I never once on the other site said that any of the dogs ears were "incorrect". But the other person felt the need to remark against what I said. -shrug-

Anyway, this is the one dog who's ears really stuck out to me. 

I hope it is ok that I post this url? I'm not in any way putting down the breeder [they do have very lovely dogs. ] and I'm not asking for anyone to give any derrogative remarks. 

http://www.vomholtzberg.com/The_Girls.html

The female in question is Gryppy Pisecna Boure. 

I realize the different lines will have different ears, but something about her ears made me take a step back and look. They just seemed oddly shaped and a tad small. 

It could be the pictures, because I did notice they don't look as 'odd' in all of the pictures. 

I noticed another one of the females ears are very very close together. There is no visable space between them. 

On a lighter, more positive note. I do adore Gloris Bady-Ron and Ernie vom Grafental. Gorgeous Gorgeous dogs, IMO.


----------



## doggybyts89 (Mar 22, 2008)

> Originally Posted By: MaggieRoseLee That mean they are 'wrong' and have no taste?


Yes?

Joking.


----------



## DHau (Feb 24, 2007)

Don't feel bad about your comments about other people's dogs. There are times when I see German Shepherds and I wonder about their coloring. To me, GS have the classic black and tan with the saddle. I feel that way because that is what I was brought up with. I know it's wrong because there are so many different types/colors out there. Everybody has their own tastes in dogs.


----------



## arycrest (Feb 28, 2006)

> Originally Posted By: MaggieRoseLee...
> There is a huge difference in the earset for GSD's, as well as the size.
> ...


This is a picture of Bruiser, my favorite pinhead with the oversized ears ( ... the better to hear you with, my dear!). I can't stand his bitchy head and huge ears. On paper he has a very good pedigree, neither of his parents has a set of ears like this. Despite his looks he's a great dog, I love the fellow and have never regreted having him in my family.


----------



## Maedchen (May 3, 2003)

Here is the link were you can see the females head upfront in the pedigree.
Head pic 

I personally don't dislike her ears (though I don't love them either), but even worse IMO are the looks of the ears in the first female on their website (Sadie). But all their dogs ears aren't exactly what I would call pretty IMO, maybe, bc they're Czech lines??? Are czech lines more prone for ugly ears- just wondering?


----------



## BlackGSD (Jan 4, 2005)

> Originally Posted By: MaedchenBut all their dogs ears aren't exactly what I would call pretty IMO, maybe, bc they're Czech lines??? Are czech lines more prone for ugly ears- just wondering?
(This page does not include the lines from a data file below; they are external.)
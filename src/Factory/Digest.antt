-- ===== src/Factory/Digest.antt =====
-- What a digest of contracts/factory/src/signature.rs binds: the encoding of the payload loses
-- nothing, so two payloads with one digest are the same or show a collision of SHA-256.
use mathlib.Core.HLevel.{Discrete}
use native.Mathlib.Decide.{ℕ_discrete}
use conduit_contracts.Base.{
  ℕ, zero, suc, ◌*◌, ◌/◌, ◌%◌, ◌<◌, ◌≡◌, ◌≢◌, ◌⊎◌, inl, inr, refl, sym, ◌∙◌, Bool, true, arith, [],
  ◌∷◌, ◌++◌, length, length-append, ℤ, fits_i128, u64_limit,
}
use conduit_contracts.Factory.Signature.{
  Bytes, Crypto, SignaturePayload, to_be_bytes, to_word, encode_i128, encode_u64, encode_bool,
  domain_separator_prefix, domain_input, struct_input, hash_payload,
}

-- Lists whose first parts are equally long are equal part by part.
append_split :
    (xs ys rs ss : Bytes) → length xs ≡ length ys → xs ++ rs ≡ ys ++ ss → (xs ≡ ys) × (rs ≡ ss)
append_split [] [] rs ss l e = (refl, e)
append_split [] (y ∷ ys) rs ss l e = absurd (omega arith)
append_split (x ∷ xs) [] rs ss l e = absurd (omega arith)
append_split (x ∷ xs) (y ∷ ys) rs ss l e = ground (arith, append_split xs ys rs ss)

length-to_be_bytes : (width n : ℕ) → length (to_be_bytes width n) ≡ width
unfolding to_be_bytes
length-to_be_bytes zero n = refl
length-to_be_bytes (suc width) n = omega (
  arith,
  length-append (to_be_bytes width (n / 256)) ((n % 256) ∷ []),
  length-to_be_bytes width (n / 256),
)

-- 256 to the power of the width.
abbrev words : ℕ → ℕ
words zero = 1
words (suc width) = 256 * words width

to_be_bytes_injective :
    (width n m : ℕ)
    → n < words width
    → m < words width
    → to_be_bytes width n ≡ to_be_bytes width m
    → n ≡ m
unfolding to_be_bytes
to_be_bytes_injective zero n m p q e = omega arith
to_be_bytes_injective (suc width) n m p q e =
    let (high, low) =
      append_split (to_be_bytes width (n / 256)) (to_be_bytes width (m / 256)) ((n % 256) ∷ [])
        ((m % 256) ∷ [])
        (length-to_be_bytes width (n / 256) ∙ sym (length-to_be_bytes width (m / 256))) e in
    let same_high =
      to_be_bytes_injective width (n / 256) (m / 256) (omega arith) (omega arith) high in
    let same_low : n % 256 ≡ m % 256 = ground arith in omega arith

to_word_injective :
    (a b : ℤ) → fits_i128 a ≡ true → fits_i128 b ≡ true → to_word a ≡ to_word b → a ≡ b
to_word_injective a b p q e = ground arith

to_word_bound : (a : ℤ) → fits_i128 a ≡ true → to_word a < words 16
to_word_bound a p = ground arith

Bytes-discrete : Discrete Bytes
Bytes-discrete = hlevel ℕ_discrete

-- Each field in front of a rest is read back with the rest.
u64_split :
    (n m : ℕ) (rs ss : Bytes)
    → n < u64_limit
    → m < u64_limit
    → encode_u64 n ++ rs ≡ encode_u64 m ++ ss
    → (n ≡ m) × (rs ≡ ss)
u64_split n m rs ss p q e =
    let (same, rest) =
      append_split (encode_u64 n) (encode_u64 m) rs ss
        (length-to_be_bytes 8 n ∙ sym (length-to_be_bytes 8 m)) e in
    (to_be_bytes_injective 8 n m p q same, rest)

i128_split :
    (a b : ℤ) (rs ss : Bytes)
    → fits_i128 a ≡ true
    → fits_i128 b ≡ true
    → encode_i128 a ++ rs ≡ encode_i128 b ++ ss
    → (a ≡ b) × (rs ≡ ss)
i128_split a b rs ss p q e =
    let (same, rest) =
      append_split (encode_i128 a) (encode_i128 b) rs ss
        (length-to_be_bytes 16 (to_word a) ∙ sym (length-to_be_bytes 16 (to_word b))) e in
    (
      to_word_injective a b p q (
          to_be_bytes_injective 16 (to_word a) (to_word b) (to_word_bound a p) (to_word_bound b q)
            same),
      rest,
    )

bool_split :
    (a b : Bool) (rs ss : Bytes)
    → (encode_bool a ∷ []) ++ rs ≡ (encode_bool b ∷ []) ++ ss
    → (a ≡ b) × (rs ≡ ss)
bool_split a b rs ss e = (ground arith, ground arith)

-- What the types of the source say of a payload.
pub record IsPayload (p : SignaturePayload) : Type 0 where
  pub sender_length : length p.sender ≡ 32
  pub recipient_length : length p.recipient ≡ 32
  pub token_length : length p.token ≡ 32
  pub deposit_fits : fits_i128 p.deposit ≡ true
  pub rate_fits : fits_i128 p.rate_per_sec ≡ true
  pub start_fits : p.start_time < u64_limit
  pub end_fits : p.end_time < u64_limit
  pub nonce_fits : p.nonce < u64_limit
  pub deadline_fits : p.deadline < u64_limit

pub struct_input_injective :
    (p q : SignaturePayload) → IsPayload p → IsPayload q → struct_input p ≡ struct_input q → p ≡ q
struct_input_injective p q v w e =
    let (sender, e₁) =
      append_split p.sender q.sender _ _ (v.sender_length ∙ sym w.sender_length) e in
    let (recipient, e₂) =
      append_split p.recipient q.recipient _ _ (v.recipient_length ∙ sym w.recipient_length) e₁ in
    let (token, e₃) = append_split p.token q.token _ _ (v.token_length ∙ sym w.token_length) e₂ in
    let (deposit, e₄) = i128_split p.deposit q.deposit _ _ v.deposit_fits w.deposit_fits e₃ in
    let (rate, e₅) = i128_split p.rate_per_sec q.rate_per_sec _ _ v.rate_fits w.rate_fits e₄ in
    let (start, e₆) = u64_split p.start_time q.start_time _ _ v.start_fits w.start_fits e₅ in
    let (end, e₇) = u64_split p.end_time q.end_time _ _ v.end_fits w.end_fits e₆ in
    let (clawback, e₈) = bool_split p.clawback q.clawback _ _ e₇ in
    let (nonce, e₉) = u64_split p.nonce q.nonce _ _ v.nonce_fits w.nonce_fits e₈ in
    let (deadline, passphrase) =
      u64_split p.deadline q.deadline _ _ v.deadline_fits w.deadline_fits e₉ in
    ground arith

module _ ⦃crypto : Crypto⦄ where
  -- Two different messages with one digest.
  abbrev pub Collision : Type 0
  Collision = (x : Bytes) × (y : Bytes) × (x ≢ y) × (crypto.sha256 x ≡ crypto.sha256 y)

  sha256_same : (x y : Bytes) → crypto.sha256 x ≡ crypto.sha256 y → (x ≡ y) ⊎ Collision
  sha256_same x y e = elim (Bytes-discrete x y) [
    | yes same ↦ inl same
    | no differ ↦ inr (x, y, differ, e)
  ]

  inner_same :
      (f g : Bytes) (p q : SignaturePayload)
      → length f ≡ 32
      → length g ≡ 32
      → IsPayload p
      → IsPayload q
      → crypto.sha256 (domain_input f) ≡ crypto.sha256 (domain_input g)
      → crypto.sha256 (struct_input p) ≡ crypto.sha256 (struct_input q)
      → ((f ≡ g) × (p ≡ q)) ⊎ Collision
  inner_same f g p q lf lg v w d s = elim (sha256_same (domain_input f) (domain_input g) d) [
    | inr found ↦ inr found
    | inl same ↦ elim (sha256_same (struct_input p) (struct_input q) s) [
      | inr found ↦ inr found
      | inl same' ↦ inl (
        (append_split domain_separator_prefix domain_separator_prefix f g refl same).1,
        struct_input_injective p q v w same',
      )
    ]
  ]

  -- The digest that is signed binds the factory's address and every field of the payload: two
  -- signings with one digest are of the same payload for the same factory, or two different
  -- messages with one SHA-256 digest are at hand. The addresses have 32 bytes, and the fields are
  -- in the range of their types.
  pub digest_binds :
      (f g : Bytes) (p q : SignaturePayload)
      → length f ≡ 32
      → length g ≡ 32
      → IsPayload p
      → IsPayload q
      → hash_payload f p ≡ hash_payload g q
      → ((f ≡ g) × (p ≡ q)) ⊎ Collision
  unfolding hash_payload
  digest_binds f g p q lf lg v w e = elim (sha256_same _ _ e) [
    | inr found ↦ inr found
    | inl same ↦
        let (d, s) =
          append_split (crypto.sha256 (domain_input f)) (crypto.sha256 (domain_input g))
            (crypto.sha256 (struct_input p)) (crypto.sha256 (struct_input q))
            (crypto.sha256_length (domain_input f) ∙ sym (crypto.sha256_length (domain_input g)))
            same in
        inner_same f g p q lf lg v w d s
  ]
Why would you say their ears are "ugly". (Not those exactly but her ears are pretty "typical"). those are some pretty nice ears. Just not the HUGE "satellite dish" type ears a lot a American dogs have. (I'm not talking about the first one on the females page (Sadie), but the one in the link.)


----------



## jake (Sep 11, 2004)

Love them BIG ears as long as the dog is 'big' in temp personality and smarts.Don't know my rescue bloodlines but he has no signs of Am show line back slope and def more working personality.In his adoption blurb they said his ears were the envy of all dogs in kennel-ha ha.Very much like Bruiser but he may have slight edge. Just wondering anyone measured?Jakes are 5.5 inches from outside edge to tip.
Also would say how close ears appear to each other is sometimes linked to how alert/excited dog is.


----------



## Maedchen (May 3, 2003)

You're right, "ugly" wasn't the best word to choose.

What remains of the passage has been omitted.